Kamila Shamsie. Kartography. London: Bloomsbury, 2002. 343 pp. No price listed (paper), ISBN 978-0-7475-5730-2.
Reviewed by Bridget Byrne (Department of Sociology, University of Manchester)
Published on H-Gender-MidEast (September, 2004)
A Mental Map of Place
The making of maps is about more than objective representation of different places and their distances from one another. It also involves tracing how different spaces have very different meanings and associations to different people. A city, and the conflict which might seem to engulf it, is lived in many different ways by the people who inhabit it. This novel sets a love story in the context of the conflict-riven Karachi of the 1980s with a back story of flash-backs to the war of 1971 which led to the independence of Pakistan?s Eastern Wing as Bangladesh.
The characters in the novel are members of a party-throwing elite who are united by their privilege, their closed social circles, and their in-group language and geographies. The main protagonists are Raheen and her childhood friends, especially Karim with whom she has a will-they-won?t-they romance which forms the central narrative of the novel. The story begins with the friendship of 13 year-olds who have grown up together and traces the growing attraction between the two.
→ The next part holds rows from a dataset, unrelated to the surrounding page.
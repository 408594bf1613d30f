-- ===== src/Examples/Backends.antt =====
-- A pool of two workers.
use redis_rate_limiter.Prelude.{[], ◌∷◌, List}
use redis_rate_limiter.Prelude.Text.{codes}
use redis_rate_limiter.Backends.{new_pool, PoolEvent, drains, completes, submitted, submit_error}
use redis_rate_limiter.Backends.Capacity.{thread_all, process_all, IsLeft, all-IsLeft}

abbrev events : List PoolEvent
events =
    drains submitted (codes "a")
    ∷ drains submit_error (codes "b")
    ∷ drains submitted (codes "c")
    ∷ completes 0
    ∷ []

all-IsLeft_example :
    IsLeft 2 (thread_all events (new_pool 2)) × IsLeft 2 (process_all events (new_pool 2))
all-IsLeft_example = all-IsLeft 2 events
This relationship is disturbed by hidden family histories and different approaches to the city they live in and the political turmoil which is engulfing it. The novel examines how the different conflicts--between Bengalis and the rest of Pakistan in 1971 and between "native" Karachites and "mohajirs" or immigrants in the 1980s--can produce fissures in families and in the tight-knit social group.
As the children grow up, they begin to realize that their own parents? histories are far from simple. Raheen and Karim?s parents were always friends, but swapped partners just before their marriages. The reason for this exchange are far from clear to their children and becomes an increasingly significant question as Karim?s parents' marriage begins to collapse. What emerges is a story set in the ethnic tensions produced by the 1971 war. A class-based group of friends, who can joke about those who do not have the right social credentials, fail to be immune from the ethnic hatred that rages in a country about to be split into two.
As Karim starts to piece together this story, and Raheen tries her best to avoid it, they also have to work out their own responses to the current conflict in Karachi. This time, class and the international mobility that it affords, allows them to avoid direct contact with the spiralling conflict. Yet Karim argue that this is a choice that should not be exercised. He tries to remain in touch with the city of his birth by extending his mental map of the place to include those who have a very different experience of it. He obsesses about drawing a map of the city which could have meaning outside their small social group.
The novel is written in an accessible and lively style. The mystery surrounding the parents? relationships as well as the various romantic narratives make it a page-turner. The teenagers are, perhaps inevitably, a little unconvincingly over-articulate but the dialogue is nonetheless adept and often funny. The novel raises a number of complex issues with a light touch. It enables the reader to engage with the ways in which living in times of conflict impacts the lives of even those who seem shielded from the worst effects of unrest and ethnic division. However, the coupling of these difficult questions with a somewhat clichéd live-story does not always work. The ending was perhaps too neat, leaving a slightly sickly sweet aftertaste. This is also the result of a failure to really explain or examine how, in the story of the parents? lives, instances of real and damaging ethnic prejudice are overcome seemingly so easily.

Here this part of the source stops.